## [ASSIGNMENT]
Given the entries that follow, write out exactly the lines starting at the one containing "to be finite." and ending at the one containing "and writes for", both ends included, and only those.

Data items:
####

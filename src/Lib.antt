-- ===== src/Lib.antt =====
-- A verification library for agentpause, a Python library that lets an agent stop before it runs
-- into a rate limit. It models the parts that decide, wait, retry and remember, and the adapters
-- that read the limits of a provider or of a local model, with their state, and proves what each
-- promises.
--
-- The parts, and the files that model them:
--   Risk         src/agentpause/risk.py: telemetry readings (`Budget`), the rule `decide`, the wait
--                until the window has refilled, the risk score.
--   Scheduler    src/agentpause/scheduler.py: sessions. Scheduler has the retry loop of `call` and
--                `acall`, Loop its `while True`, Planning the decision before a call
--                (`next_action`) with preventive compaction, money and the deadline of the run, Resume
--                opening, suspending and completing a session.
--   Estimator    src/agentpause/estimator.py: the estimate, its error, the quantile bound.
--   Forecast     src/agentpause/forecast.py: the simulation of the steps that remain.
--   Coordinator  src/agentpause/coordinator.py: agents that share one window.
--   Router       src/agentpause/router.py: the provider with the most headroom.
--   Fleet        src/agentpause/fleet.py: one step of an agent, through coordinator and router.
--   Fallback     src/agentpause/fallback.py: an ordered chain of backends.
--   Breaker      src/agentpause/breaker.py: the circuit breaker.
--   Refill       src/agentpause/refill.py: how a window refills, by vote.
--   Quota        src/agentpause/tools.py: a sliding window of tool calls.
--   Attention    src/agentpause/attention.py: the questions that a person can be asked.
--   State        src/agentpause/state.py, class Checkpoint: history, compaction, summaries, keys.
--   Store        src/agentpause/state.py, class StateStore: files, forks, bundles. Store/Spec is the table
--                of checkpoints that it implements.
--   Retry        src/agentpause/retry.py: the backoff.
--   Slots        src/agentpause/llamacpp_kv.py, class LlamaCppSlots: the client of a llama.cpp server.
--                Json has the bodies that it reads.
--   KvStore      src/agentpause/llamacpp_kv.py, class KVStateStore: checkpoints with a KV cache. Save,
--                Load and Fork have its operations, KvStore itself the collectors and the disk guard.
--   Local        src/agentpause/adapters/local_resources.py: the resources of a self-hosted model as
--                telemetry. Local has the composite and the deadline, Sources the context window and the
--                GPU, Price the prices, Facade the callable that calibrates itself.
--   Compat       src/agentpause/adapters/openai_compat.py: a provider's HTTP API as backend and telemetry.
--                Header has the headers, with `_parse_reset` of adapters/litellm.py, Serving the
--                callables of a scheduler, Registry the known providers.
--   LiteLlm      src/agentpause/adapters/litellm.py: any provider of LiteLLM, with the async twins.
--   Anthropic    src/agentpause/adapters/anthropic.py: the Messages API, with breakpoints for the cache.
--   Errors       src/agentpause/errors.py: the typed errors, and which of them are transient.
-- Prelude, Number, Text and World are what the parts share. A file below a part, such as
-- Store/Saves, has the part's theorems, and Tests has runs and instances of them.
--
-- How the parts meet: the scheduler asks Risk for its decision, takes an estimator as an interface
-- (`Estimating`), shrinks a Checkpoint and saves it through Store. Coordinator and Attention hand
-- budgets to the same `decide`, Forecast uses its refill arithmetic, and Router, Fallback and Breaker
-- are backends around backends. KvStore wraps Store, and Local reads the same server and wraps the
-- save of KvStore to calibrate the budgets that `decide` sees. Anthropic extends Compat, which feeds the
-- votes of Refill and hands its reading to `decide`, as LiteLlm does. A fleet's coordinator reads its
-- telemetry from the router's `budget`.
--
-- How the code is rendered:
--   * A method takes the object and the world and returns its result, the object and the world as
--     they are afterwards. Clocks, providers, telemetry, sleeping and random numbers are functions on
--     a world of any type, so the order of the calls is part of the model (World).
--   * An exception is a value of `Result`, with the error but without its message.
--   * Python's int is `ℤ`, or the native `ℕ` where it counts. Python's float is any type with the
--     operations of `Float` (Number). What a theorem needs of it is one of these hypotheses:
--     `IsOrdered`, an order without NaN; `IsMonotone`, rounding that keeps the order; `IsExact`, no
--     rounding, which holds for floats only as long as every result is exact; `Truncates`, `int` of a
--     number is its whole part. Number/Fixed has numbers of three decimals that satisfy all of them.
--     `int` of a NaN or an infinity raises: that is modelled where a body or a header is read
--     (`int_of_real`); elsewhere `int` (`trunc`) is of a number that the library computes itself, which
--     is taken to be finite.
--   * A string is a list of code points, a dict an association list in insertion order, a deque of
--     bounded length a list that drops from the left.
--   * JSON is a codec, and what can be written can be read back is a hypothesis (`IsFaithful`). A
--     directory maps paths to contents, and a write may fail at any of its steps (`Fault`).
--   * A server is a transport that may raise, over a state of any type and the names of the files in the
--     directory that it shares with the library. Its bodies are `Json`; what Python reads in a string
--     and writes for a value is `Reading`.
--   * Callbacks are lists of the calls made so far.
--   * Objects are values. `next_action` writes the deadline of the run into the Budget that telemetry
--     returned; the model has the written value and leaves telemetry alone, as the code does if
--     telemetry returns a new object each time.
--   * Loops are structural recursion: over the retries that are left, the backends, the routes, the
--     requests or the steps. Scheduler/Loop has the `while True` of a call as it is written, on fuel;
--     the default is 3 retries, and one pass more than the retries is enough.
--
-- Not modelled: the adapter of src/agentpause/adapters for LangGraph; the regression estimator; the
-- wiring of a fleet; log texts and `str`; creating directories. The HTTP transport, the completion
-- functions of LiteLLM, the parsing of RFC 3339 instants and the reader of a GPU's memory are
-- parameters.
pub mod Prelude
pub mod Number
pub mod Errors
pub mod Risk
pub mod Text
pub mod World
pub mod Breaker
pub mod Refill
pub mod Quota
pub mod Anthropic
pub mod Attention
pub mod State
pub mod Store
pub mod Retry
pub mod Fallback
pub mod Scheduler
pub mod Forecast
pub mod Coordinator
pub mod Router
pub mod Estimator
pub mod Fleet
pub mod Json
pub mod Slots
pub mod KvStore
pub mod LiteLlm
pub mod Local
pub mod Compat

####

## [WRITTEN REPLY]
--     is taken to be finite.
--   * A string is a list of code points, a dict an association list in insertion order, a deque of
--     bounded length a list that drops from the left.
--   * JSON is a codec, and what can be written can be read back is a hypothesis (`IsFaithful`). A
--     directory maps paths to contents, and a write may fail at any of its steps (`Fault`).
--   * A server is a transport that may raise, over a state of any type and the names of the files in the
--     directory that it shares with the library. Its bodies are `Json`; what Python reads in a string
--     and writes for a value is `Reading`.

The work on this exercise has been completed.